## Entries provided
--- --- ---

-- ===== src/Applier/Boxcutter/Apply.antt =====
-- The methods of `Boxcutter` that create a revision and look after its secrets.
use Prim.Native.String
use operator_controller.Prelude.{
  suc, String, List, [], ◌∷◌, Option, none, some, Bool, true, false, Result, ok, err, if◌then◌else◌,
  ◌&&◌, not, ◌||◌, ◌==◌, ltb, contains, length, nat_eq,
}
use operator_controller.Sort.{sort_stable}
use operator_controller.Exec.{◌>>=◌, ◌>>◌, pure, or_wrap}
use operator_controller.ObjectSet.{state_archived}
use operator_controller.Applier.Packer.{EncodingApi, Secret, PackResult, PackError, pack}
use operator_controller.Applier.Boxcutter.{
  Existing, Desired, OwnedBy, Extension, OwnedSecret, ApiError, invalid, already_exists, not_found,
  other, ApplyError, listing_revisions, deleting_archived, printing_manifests, pre_authorization,
  packing, creating_secret, creating_revision, getting_revision, listing_secrets, patching_secret,
  BoxCall, list_existing, apply_revision, delete_revision, pre_authorize, create_secret,
  get_existing, list_secrets, patch_owners, Boxcutter, Calls, BoxStep, BoxCluster, ask,
  retention_limit,
}
use operator_controller.Applier.Boxcutter.Revisions.{
  sort_revisions, latest_revision_number, increment, get_objects, extract_phases_for_packing,
  replace_inline_with_refs,
}

-- `!apierrors.IsNotFound(err)` and `!apierrors.IsAlreadyExists(err)`
abbrev pub unless_not_found : Result ApiError Unit → Result ApiError Unit
unless_not_found (ok u) = ok u
unless_not_found (err not_found) = ok tt
unless_not_found (err invalid) = err invalid
unless_not_found (err already_exists) = err already_exists
unless_not_found (err (other e)) = err (other e)

abbrev pub unless_exists : Result ApiError Unit → Result ApiError Unit
unless_exists (ok u) = ok u
unless_exists (err already_exists) = ok tt
unless_exists (err invalid) = err invalid
unless_exists (err not_found) = err not_found
unless_exists (err (other e)) = err (other e)

abbrev is_some : Option String → Bool
is_some none = false
is_some (some _) = true

-- `formatPreAuthorizerOutput`, with the descriptions of the missing rules
unfoldable pub format_pre_authorizer_output : List String × Option String → Result ApplyError Unit
format_pre_authorizer_output (missing, auth_error) =
    if not (nat_eq (length missing) 0) || is_some auth_error
    then err (pre_authorization (sort_stable String.compare missing) auth_error)
    else ok tt

module _ (x : EncodingApi) (R : Type 0) (cl : BoxCluster x.Object R) (bc : Boxcutter) where
  open x use {Object}

  abbrev pub Box : Type 0 → Type 0
  Box A = BoxStep Object R ApplyError A

  -- a value or an error, without a call
  unfoldable pub embed : {A : Type 0} → Result ApplyError A → Box A
  embed r calls = (r, calls)

  abbrev pub request :
      {E A : Type 0} → BoxCall Object R → (Calls Object R → Result E A) → (E → ApplyError) → Box A
  request c answer wrap = or_wrap (ask Object R c answer) wrap

  unfoldable pub get_existing_revisions : String → Box (List Existing)
  get_existing_revisions name = do
    items ← request (list_existing name) cl.on_list listing_revisions
    pure (sort_revisions items)

  -- `index < len(revisionList)-ClusterObjectSetRetentionLimit`: more than the limit are left
  unfoldable pub collect_loop : List Existing → Box Unit
  collect_loop [] = pure tt
  collect_loop (r ∷ rs) =
      let rest = collect_loop rs in
      if ltb retention_limit (suc (length rs)) && (r.lifecycle_state == state_archived)
      then (do
        request (delete_revision r.name) (λ calls. unless_not_found (cl.on_delete calls))
            deleting_archived
        rest)
      else rest

  unfoldable pub garbage_collect_old_revisions : List Existing → Box Unit
  garbage_collect_old_revisions revisions = collect_loop revisions

  -- `revisionManifestReader`
  abbrev manifests : Option String → Result ApplyError Unit
  manifests none = ok tt
  manifests (some e) = err (printing_manifests e)

  unfoldable pub run_pre_authorization_checks : Desired Object R → Box Unit
  run_pre_authorization_checks rev = if not bc.has_pre_authorizer then pure tt else (do
    embed (manifests (cl.print (get_objects rev)))
    request (pre_authorize rev) (λ calls. format_pre_authorizer_output (cl.on_pre_authorize calls))
        (λ e. e))

  unfoldable pub create_secrets : List Secret → Box Unit
  create_secrets [] = pure tt
  create_secrets (s ∷ rest) = do
    request (create_secret s) (λ calls. unless_exists (cl.on_create calls)) (creating_secret s.name)
    create_secrets rest

  abbrev owner_of : Existing → OwnedBy
  owner_of cos = record {
    api_version = "olm.operatorframework.io/v1";
    kind = "ClusterObjectSet";
    name = cos.name;
    uid = cos.uid;
  }

  unfoldable pub patch_owner_refs_on_secrets : Existing → List OwnedSecret → Box Unit
  patch_owner_refs_on_secrets cos [] = pure tt
  patch_owner_refs_on_secrets cos (s ∷ rest) =
      let others = patch_owner_refs_on_secrets cos rest in
      if contains cos.uid s.owner_uids
      then others
      else (do request (patch_owners s (owner_of cos)) cl.on_patch (patching_secret s.name); others)

  abbrev pub without_owner : List Secret → List OwnedSecret
  without_owner [] = []
  without_owner (s ∷ rest) =
      record { name = s.name; namespace = s.namespace; owner_uids = [] } ∷ without_owner rest

  unfoldable pub patch_secret_owner_references : Desired Object R → List Secret → Box Unit
  patch_secret_owner_references rev [] = pure tt
  patch_secret_owner_references rev (s ∷ rest) = do
    cos ← request (get_existing rev.name) cl.on_get (getting_revision rev.name)
    patch_owner_refs_on_secrets cos (without_owner (s ∷ rest))

  -- the secrets without an owner reference to the object set
  unfoldable pub needs_patch : String → List OwnedSecret → List OwnedSecret
  needs_patch uid [] = []
  needs_patch uid (s ∷ rest) =
      let more = needs_patch uid rest in if contains uid s.owner_uids then more else s ∷ more

  unfoldable pub ensure_secret_owner_references : Existing → Box Unit
  ensure_secret_owner_references cos = do
    secrets ←
        request (list_secrets bc.system_namespace cos.name) cl.on_list_secrets
          (listing_secrets cos.name)
    patch_owner_refs_on_secrets cos (needs_patch cos.uid secrets)

  abbrev pub pack_revision : String → Extension → Desired Object R → Result PackError PackResult
  pack_revision name ext rev =
      pack x
        (record {
          revision_name = name;
          owner_name = ext.name;
          system_namespace = bc.system_namespace;
        })
        (extract_phases_for_packing rev.phases)

  abbrev pub wrap_pack :
      (PackError → ApplyError) → Result PackError PackResult → Result ApplyError PackResult
  wrap_pack wrap (ok r) = ok r
  wrap_pack wrap (err e) = err (wrap e)

  -- the three steps that create a revision
  unfoldable pub create_packed : Desired Object R → PackResult → Box Unit
  create_packed rev packed = do
    create_secrets packed.secrets
    request (apply_revision (replace_inline_with_refs rev packed.refs)) cl.on_apply
        creating_revision
    patch_secret_owner_references rev packed.secrets

  abbrev pub next_revision : Extension → Desired Object R → List Existing → Desired Object R
  next_revision ext rev existing =
      let number = increment (latest_revision_number existing) in
      record rev {
        name = String.◌++◌ ext.name (String.◌++◌ "-" (cl.decimal number));
        revision = number;
      }

  unfoldable pub create_externalized_revision :
      Extension → Desired Object R → List Existing → Box Unit
  create_externalized_revision ext rev existing = do
    let next = next_revision ext rev existing
    garbage_collect_old_revisions existing
    run_pre_authorization_checks next
    packed ← embed (wrap_pack packing (pack_revision next.name ext next))
    create_packed next packed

--- --- ---

## What you will do
Set down the listing above in full, please, exactly as it appears.

## Answer section
-- ===== src/Applier/Boxcutter/Apply.antt =====
-- The methods of `Boxcutter` that create a revision and look after its secrets.
use Prim.Native.String
use operator_controller.Prelude.{
  suc, String, List, [], ◌∷◌, Option, none, some, Bool, true, false, Result, ok, err, if◌then◌else◌,
  ◌&&◌, not, ◌||◌, ◌==◌, ltb, contains, length, nat_eq,
}
use operator_controller.Sort.{sort_stable}
use operator_controller.Exec.{◌>>=◌, ◌>>◌, pure, or_wrap}
use operator_controller.ObjectSet.{state_archived}
use operator_controller.Applier.Packer.{EncodingApi, Secret, PackResult, PackError, pack}
use operator_controller.Applier.Boxcutter.{
  Existing, Desired, OwnedBy, Extension, OwnedSecret, ApiError, invalid, already_exists, not_found,
  other, ApplyError, listing_revisions, deleting_archived, printing_manifests, pre_authorization,
  packing, creating_secret, creating_revision, getting_revision, listing_secrets, patching_secret,
  BoxCall, list_existing, apply_revision, delete_revision, pre_authorize, create_secret,
  get_existing, list_secrets, patch_owners, Boxcutter, Calls, BoxStep, BoxCluster, ask,
  retention_limit,
}
use operator_controller.Applier.Boxcutter.Revisions.{
  sort_revisions, latest_revision_number, increment, get_objects, extract_phases_for_packing,
  replace_inline_with_refs,
}

-- `!apierrors.IsNotFound(err)` and `!apierrors.IsAlreadyExists(err)`
abbrev pub unless_not_found : Result ApiError Unit → Result ApiError Unit
unless_not_found (ok u) = ok u
unless_not_found (err not_found) = ok tt
unless_not_found (err invalid) = err invalid
unless_not_found (err already_exists) = err already_exists
unless_not_found (err (other e)) = err (other e)

abbrev pub unless_exists : Result ApiError Unit → Result ApiError Unit
unless_exists (ok u) = ok u
unless_exists (err already_exists) = ok tt
unless_exists (err invalid) = err invalid
unless_exists (err not_found) = err not_found
unless_exists (err (other e)) = err (other e)

abbrev is_some : Option String → Bool
is_some none = false
is_some (some _) = true

-- `formatPreAuthorizerOutput`, with the descriptions of the missing rules
unfoldable pub format_pre_authorizer_output : List String × Option String → Result ApplyError Unit
format_pre_authorizer_output (missing, auth_error) =
    if not (nat_eq (length missing) 0) || is_some auth_error
    then err (pre_authorization (sort_stable String.compare missing) auth_error)
    else ok tt

module _ (x : EncodingApi) (R : Type 0) (cl : BoxCluster x.Object R) (bc : Boxcutter) where
  open x use {Object}

  abbrev pub Box : Type 0 → Type 0
  Box A = BoxStep Object R ApplyError A

  -- a value or an error, without a call
  unfoldable pub embed : {A : Type 0} → Result ApplyError A → Box A
  embed r calls = (r, calls)

  abbrev pub request :
      {E A : Type 0} → BoxCall Object R → (Calls Object R → Result E A) → (E → ApplyError) → Box A
  request c answer wrap = or_wrap (ask Object R c answer) wrap

  unfoldable pub get_existing_revisions : String → Box (List Existing)
  get_existing_revisions name = do
    items ← request (list_existing name) cl.on_list listing_revisions
    pure (sort_revisions items)

  -- `index < len(revisionList)-ClusterObjectSetRetentionLimit`: more than the limit are left
  unfoldable pub collect_loop : List Existing → Box Unit
  collect_loop [] = pure tt
  collect_loop (r ∷ rs) =
      let rest = collect_loop rs in
      if ltb retention_limit (suc (length rs)) && (r.lifecycle_state == state_archived)
      then (do
        request (delete_revision r.name) (λ calls. unless_not_found (cl.on_delete calls))
            deleting_archived
        rest)
      else rest

  unfoldable pub garbage_collect_old_revisions : List Existing → Box Unit
  garbage_collect_old_revisions revisions = collect_loop revisions

  -- `revisionManifestReader`
  abbrev manifests : Option String → Result ApplyError Unit
  manifests none = ok tt
  manifests (some e) = err (printing_manifests e)

  unfoldable pub run_pre_authorization_checks : Desired Object R → Box Unit
  run_pre_authorization_checks rev = if not bc.has_pre_authorizer then pure tt else (do
    embed (manifests (cl.print (get_objects rev)))
    request (pre_authorize rev) (λ calls. format_pre_authorizer_output (cl.on_pre_authorize calls))
        (λ e. e))

  unfoldable pub create_secrets : List Secret → Box Unit
  create_secrets [] = pure tt
  create_secrets (s ∷ rest) = do
    request (create_secret s) (λ calls. unless_exists (cl.on_create calls)) (creating_secret s.name)
    create_secrets rest

  abbrev owner_of : Existing → OwnedBy
  owner_of cos = record {
    api_version = "olm.operatorframework.io/v1";
    kind = "ClusterObjectSet";
    name = cos.name;
    uid = cos.uid;
  }

  unfoldable pub patch_owner_refs_on_secrets : Existing → List OwnedSecret → Box Unit
  patch_owner_refs_on_secrets cos [] = pure tt
  patch_owner_refs_on_secrets cos (s ∷ rest) =
      let others = patch_owner_refs_on_secrets cos rest in
      if contains cos.uid s.owner_uids
      then others
      else (do request (patch_owners s (owner_of cos)) cl.on_patch (patching_secret s.name); others)

  abbrev pub without_owner : List Secret → List OwnedSecret
  without_owner [] = []
  without_owner (s ∷ rest) =
      record { name = s.name; namespace = s.namespace; owner_uids = [] } ∷ without_owner rest

  unfoldable pub patch_secret_owner_references : Desired Object R → List Secret → Box Unit
  patch_secret_owner_references rev [] = pure tt
  patch_secret_owner_references rev (s ∷ rest) = do
    cos ← request (get_existing rev.name) cl.on_get (getting_revision rev.name)
    patch_owner_refs_on_secrets cos (without_owner (s ∷ rest))

  -- the secrets without an owner reference to the object set
  unfoldable pub needs_patch : String → List OwnedSecret → List OwnedSecret
  needs_patch uid [] = []
  needs_patch uid (s ∷ rest) =
      let more = needs_patch uid rest in if contains uid s.owner_uids then more else s ∷ more

  unfoldable pub ensure_secret_owner_references : Existing → Box Unit
  ensure_secret_owner_references cos = do
    secrets ←
        request (list_secrets bc.system_namespace cos.name) cl.on_list_secrets
          (listing_secrets cos.name)
    patch_owner_refs_on_secrets cos (needs_patch cos.uid secrets)

  abbrev pub pack_revision : String → Extension → Desired Object R → Result PackError PackResult
  pack_revision name ext rev =
      pack x
        (record {
          revision_name = name;
          owner_name = ext.name;
          system_namespace = bc.system_namespace;
        })
        (extract_phases_for_packing rev.phases)

  abbrev pub wrap_pack :
      (PackError → ApplyError) → Result PackError PackResult → Result ApplyError PackResult
  wrap_pack wrap (ok r) = ok r
  wrap_pack wrap (err e) = err (wrap e)

  -- the three steps that create a revision
  unfoldable pub create_packed : Desired Object R → PackResult → Box Unit
  create_packed rev packed = do
    create_secrets packed.secrets
    request (apply_revision (replace_inline_with_refs rev packed.refs)) cl.on_apply
        creating_revision
    patch_secret_owner_references rev packed.secrets

  abbrev pub next_revision : Extension → Desired Object R → List Existing → Desired Object R
  next_revision ext rev existing =
      let number = increment (latest_revision_number existing) in
      record rev {
        name = String.◌++◌ ext.name (String.◌++◌ "-" (cl.decimal number));
        revision = number;
      }

  unfoldable pub create_externalized_revision :
      Extension → Desired Object R → List Existing → Box Unit
  create_externalized_revision ext rev existing = do
    let next = next_revision ext rev existing
    garbage_collect_old_revisions existing
    run_pre_authorization_checks next
    packed ← embed (wrap_pack packing (pack_revision next.name ext next))
    create_packed next packed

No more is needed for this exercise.